- Description of the task: When the line with "IsKeeping-trans s _ s' (graph-IsKeeping e.row.id" appears below, start repeating lines exactly, and keep going through the line with "subst (IsClosed s') mine"; add nothing outside that span.
==== Records supplied
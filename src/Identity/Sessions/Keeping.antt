-- ===== src/Identity/Sessions/Keeping.antt =====
-- The operations keep the invariant of the sessions and what is known of the rows.
use sentriqora.Base.{
  ℕ, ◌≤◌, ◌<◌, ◌≡◌, refl, sym, ap, ◌∙◌, subst, true, false, ◌==◌, String, any, All, All-map, arith,
  any-update_where, update_where-All, count_where,
}
use sentriqora.Identity.Store.{Session, RefreshToken, Accounts}
use sentriqora.Identity.Sessions.{
  Rotation, RotationResult, is_session, is_unrevoked, is_live, seen_at, revoke_session_graph,
}
use sentriqora.Identity.Sessions.Refresh.{touch_session}
use sentriqora.Identity.Sessions.Rows.{
  IsKnown, IsClosed, Keeps, Keeps-trans, frame-Keeps, update_sessions-Keeps,
}
use sentriqora.Identity.Sessions.Consistency.{
  is_live_of, HasSession, IsConsistent, seen_at-IsClosing, revoke_rows-Keeps, revoke_rows-IsClosed,
  revoke_rows-dead, revoke_rows-IsConsistent,
}
use sentriqora.Identity.Sessions.Cases.{IsStopped}

-- What is stated of `sessions`, `refresh_tokens` and the counter holds after a change of the rest.
pub record IsSame (s s' : Accounts) : Type 0 where
  pub refresh_tokens : s'.refresh_tokens ≡ s.refresh_tokens
  pub sessions : s'.sessions ≡ s.sessions
  pub next_id : s.next_id ≤ s'.next_id

pub same-Keeps : (s s' : Accounts) → IsSame s s' → Keeps s s'
same-Keeps s s' e = frame-Keeps s s' e.refresh_tokens e.sessions e.next_id

pub same-IsConsistent : (s s' : Accounts) → IsSame s s' → IsConsistent s → IsConsistent s'
same-IsConsistent s s' e c = record {
  known = subst (All (λ t. IsKnown s' t.id t.token_hash t.session_id)) (sym e.refresh_tokens) (
      All-map (λ t. IsKnown s t.id t.token_hash t.session_id)
        (λ t. IsKnown s' t.id t.token_hash t.session_id) s.refresh_tokens
        (λ t k. (same-Keeps s s' e).known _ _ _ k) c.known);
  bounded = subst (All (λ x. x.id < s'.next_id)) (sym e.sessions) (
      All-map (λ x. x.id < s.next_id) (λ x. x.id < s'.next_id) s.sessions
        (λ x h. omega (arith, h, e.next_id)) c.bounded);
  live = subst (All (HasSession s')) (sym e.refresh_tokens) (
      All-map (HasSession s) (HasSession s') s.refresh_tokens
        (λ t h live. ap (any (is_unrevoked t.session_id)) e.sessions ∙ h live) c.live);
  one = λ session.
      subst (λ ts. count_where (is_live_of session) ts ≤ 1) (sym e.refresh_tokens) (c.one session);
}

pub touch-IsConsistent :
    (id now : ℕ) (s : Accounts) → IsConsistent s → IsConsistent (touch_session id now s)
unfolding touch_session
touch-IsConsistent id now s c = record {
  known =
      All-map (λ t. IsKnown s t.id t.token_hash t.session_id) _ s.refresh_tokens
        (λ t k.
          (update_sessions-Keeps (is_session id) (seen_at now) s (seen_at-IsClosing now)).known _ _
            _ k)
        c.known;
  bounded =
      update_where-All (λ x. x.id < s.next_id) (λ x. x.id < s.next_id) (is_session id) (seen_at now)
        s.sessions (λ x _ h. h) (λ x h. h) c.bounded;
  live =
      All-map (HasSession s) (HasSession (touch_session id now s)) s.refresh_tokens
        (λ t h live.
          any-update_where (is_unrevoked t.session_id) (is_session id) (seen_at now) s.sessions
            (λ x _. refl)
          ∙ h live)
        c.live;
  one = λ session. c.one session;
}

-- An operation keeps the invariant and what is known.
abbrev pub IsKeeping : Accounts → Accounts → Type 0
IsKeeping s s' = Keeps s s' × (IsConsistent s → IsConsistent s')

pub IsKeeping-trans : (s s' s'' : Accounts) → IsKeeping s s' → IsKeeping s' s'' → IsKeeping s s''
IsKeeping-trans s s' s'' (keeps, consistent) (keeps', consistent') =
    (Keeps-trans s s' s'' keeps keeps', λ c. consistent' (consistent c))

pub same-IsKeeping : (s s' : Accounts) → IsSame s s' → IsKeeping s s'
same-IsKeeping s s' e = (same-Keeps s s' e, same-IsConsistent s s' e)

-- `revokeSessionGraph`
module _ (session : ℕ) (reason : String) (now : ℕ) (s : Accounts) where
  inside : (x : Session) → is_unrevoked session x ≡ true → (x.id == session) ≡ true
  inside x hit = ground (arith, hit)

  pub graph-IsKeeping : IsKeeping s (revoke_session_graph session reason now s)
  unfolding revoke_session_graph
  graph-IsKeeping = (
    revoke_rows-Keeps (λ j. j == session) (is_unrevoked session) reason now s inside,
    revoke_rows-IsConsistent (λ j. j == session) (is_unrevoked session) reason now s inside,
  )

  pub graph-IsClosed :
      session < s.next_id → IsClosed (revoke_session_graph session reason now s) session
  unfolding revoke_session_graph
  graph-IsClosed below = record {
    below = below;
    revoked =
        revoke_rows-IsClosed (λ j. j == session) (is_unrevoked session) reason now s inside session
          (λ x hit. hit);
  }

  pub graph-dead :
      All
        (λ t. t.session_id ≡ session → is_live t ≡ false)
        (revoke_session_graph session reason now s).refresh_tokens
  unfolding revoke_session_graph
  graph-dead =
      revoke_rows-dead (λ j. j == session) (is_unrevoked session) reason now s inside session
        (ground arith)

pub same-IsClosed :
    (s s' : Accounts) (session : ℕ) → IsSame s s' → IsClosed s session → IsClosed s' session
same-IsClosed s s' session e c = record {
  below = omega (arith, c.below, e.next_id);
  revoked = ap (any (is_unrevoked session)) e.sessions ∙ c.revoked;
}

module _ (r : Rotation) (t : RefreshToken) (x : Session) (s : Accounts) (result : RotationResult)
    (s' : Accounts) where
  stopped_same :
      (stop : IsStopped r t x s result s')
      → IsSame (revoke_session_graph t.session_id stop.reason r.now s) s'
  unfolding revoke_session_graph
  stopped_same stop = record {
    refresh_tokens = stop.refresh_tokens;
    sessions = stop.sessions;
    next_id = omega (arith, stop.next_id);
  }

  pub stopped-IsKeeping : IsStopped r t x s result s' → IsKeeping s s'
  stopped-IsKeeping stop =
      IsKeeping-trans s _ s' (graph-IsKeeping t.session_id stop.reason r.now s)
        (same-IsKeeping _ s' (stopped_same stop))

  pub stopped-IsClosed :
      t.session_id < s.next_id → IsStopped r t x s result s' → IsClosed s' t.session_id
  stopped-IsClosed below stop =
      same-IsClosed _ s' t.session_id (stopped_same stop)
        (graph-IsClosed t.session_id stop.reason r.now s below)

  pub stopped-dead :
      IsStopped r t x s result s'
      → All (λ u. u.session_id ≡ t.session_id → is_live u ≡ false) s'.refresh_tokens
  stopped-dead stop =
      subst (All (λ u. u.session_id ≡ t.session_id → is_live u ≡ false)) (sym stop.refresh_tokens)
        (graph-dead t.session_id stop.reason r.now s)
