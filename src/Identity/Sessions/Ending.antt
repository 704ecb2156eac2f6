-- ===== src/Identity/Sessions/Ending.antt =====
-- The operations that revoke sessions keep the invariant, and close what they revoke.
use sentriqora.Base.{
  ℕ, ◌<◌, ◌≡◌, sym, ap, ◌∙◌, subst, true, false, ◌==◌, ◌&&◌, ==→eq, String, some, List, [], ◌∷◌,
  All, find_first, find_first-All, arith, Bool-cases, inl, inr, any-eq-true, Option-cases,
}
use sentriqora.Identity.Store.{Session, Accounts, is_none, record_event}
use sentriqora.Identity.Sessions.{is_own_session, revoke_session_graph}
use sentriqora.Identity.Sessions.Revocation.{
  is_in, open_sessions, revoke_ids, revoke_session, revoke_all_sessions,
}
use sentriqora.Identity.Sessions.Rows.{IsClosed}
use sentriqora.Identity.Sessions.Consistency.{
  IsConsistent, revoke_rows-Keeps, revoke_rows-IsConsistent, revoke_rows-IsClosed,
}
use sentriqora.Identity.Sessions.Keeping.{
  IsSame, IsKeeping, IsKeeping-trans, same-IsKeeping, graph-IsKeeping, graph-IsClosed,
  same-IsClosed,
}

-- A session of the caller is found and revoked.
pub record IsEnded (organization actor session now : ℕ) (reason : String) (s s' : Accounts)
    : Type 0 where
  pub row : Session
  pub found : find_first (is_own_session organization actor session) s.sessions ≡ some row
  pub after : IsSame (revoke_session_graph row.id reason now s) s'

module _ (now organization actor : ℕ) (reason : String) (session : ℕ) (s s' : Accounts) where
  pub revoke_session-IsEnded :
      revoke_session now organization actor reason session s ≡ (true, s')
      → IsEnded organization actor session now reason s s'
  unfolding revoke_session record_event
  revoke_session-IsEnded h =
      elim (Option-cases (find_first (is_own_session organization actor session) s.sessions)) [
        | inl missing ↦
            (let gave : false ≡ true = ap (λ p. p.0) (rw (missing, revoke_session) at h) in
              absurd (cc))
        | inr (x, found) ↦
            (let gave = ap (λ p. p.1) (rw (found, revoke_session) at h) in
              record {
                row = x;
                found = found;
                after = record {
                  refresh_tokens = ap (λ (a : Accounts). a.refresh_tokens) (sym gave);
                  sessions = ap (λ (a : Accounts). a.sessions) (sym gave);
                  next_id = omega (arith, ap (λ (a : Accounts). a.next_id) gave);
                };
              })
      ]

  module _ (e : IsEnded organization actor session now reason s s') where
    pub ended-IsKeeping : IsKeeping s s'
    ended-IsKeeping =
        IsKeeping-trans s _ s' (graph-IsKeeping e.row.id reason now s) (same-IsKeeping _ s' e.after)

    pub ended-IsClosed : IsConsistent s → IsClosed s' session
    ended-IsClosed c =
        let (below, hit) =
          find_first-All (λ x. x.id < s.next_id) (is_own_session organization actor session)
            s.sessions c.bounded e.found in
        let mine : e.row.id ≡ session = ground (arith, hit) in
        subst (IsClosed s') mine
          (same-IsClosed _ s' e.row.id e.after (graph-IsClosed e.row.id reason now s below))

-- The ids that are found are those of rows.
open_sessions-bounded :
    (organization user bound : ℕ) (xs : List Session)
    → All (λ x. x.id < bound) xs
    → All (λ id. id < bound) (open_sessions organization user xs)
unfolding open_sessions
open_sessions-bounded organization user bound [] h = tt
open_sessions-bounded organization user bound (x ∷ xs) (h, hs) =
    let rest = open_sessions-bounded organization user bound xs hs in
    elim (Bool-cases
      (x.organization_id == organization && x.user_id == user && is_none x.revoked_at)) [
        | inl hit ↦ rw hit (h, rest)
        | inr miss ↦ rw miss rest
      ]

module _ (ids : List ℕ) (reason : String) (now : ℕ) (s : Accounts) where
  ids-IsKeeping : IsKeeping s (revoke_ids ids reason now s)
  unfolding revoke_ids
  ids-IsKeeping = (
    revoke_rows-Keeps (is_in ids) (λ x. is_in ids x.id) reason now s (λ x hit. hit),
    revoke_rows-IsConsistent (is_in ids) (λ x. is_in ids x.id) reason now s (λ x hit. hit),
  )

  ids-IsClosed :
      (id : ℕ) → is_in ids id ≡ true → id < s.next_id → IsClosed (revoke_ids ids reason now s) id
  unfolding revoke_ids
  ids-IsClosed id chosen below = record {
    below = below;
    revoked =
        revoke_rows-IsClosed (is_in ids) (λ x. is_in ids x.id) reason now s (λ x hit. hit) id
          (λ x hit. ap (is_in ids) (==→eq x.id id (ground (arith, hit))) ∙ chosen);
  }

module _ (now organization user : ℕ) (reason : String) (n : ℕ) (s s' : Accounts)
    (h : revoke_all_sessions now organization user reason s ≡ (n, s')) where
  abbrev ids : List ℕ
  ids = open_sessions organization user s.sessions

  all_same : IsSame (revoke_ids ids reason now s) s'
  unfolding revoke_all_sessions record_event
  all_same =
      let gave = ap (λ p. p.1) h in
      record {
        refresh_tokens = ap (λ (a : Accounts). a.refresh_tokens) (sym gave);
        sessions = ap (λ (a : Accounts). a.sessions) (sym gave);
        next_id = omega (arith, ap (λ (a : Accounts). a.next_id) gave);
      }

  pub all-IsKeeping : IsKeeping s s'
  all-IsKeeping =
      IsKeeping-trans s _ s' (ids-IsKeeping ids reason now s) (same-IsKeeping _ s' all_same)

  pub all-IsClosed : IsConsistent s → (id : ℕ) → is_in ids id ≡ true → IsClosed s' id
  all-IsClosed c id chosen =
      let (j, below, hit) =
        any-eq-true (λ j. j < s.next_id) (λ j. j == id) ids chosen
          (open_sessions-bounded organization user s.next_id s.sessions c.bounded) in
      same-IsClosed _ s' id all_same
        (ids-IsClosed ids reason now s id chosen (ground (arith, below, hit)))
========
- Answer to the exercise:
        IsKeeping-trans s _ s' (graph-IsKeeping e.row.id reason now s) (same-IsKeeping _ s' e.after)

    pub ended-IsClosed : IsConsistent s → IsClosed s' session
    ended-IsClosed c =
        let (below, hit) =
          find_first-All (λ x. x.id < s.next_id) (is_own_session organization actor session)
            s.sessions c.bounded e.found in
        let mine : e.row.id ≡ session = ground (arith, hit) in
        subst (IsClosed s') mine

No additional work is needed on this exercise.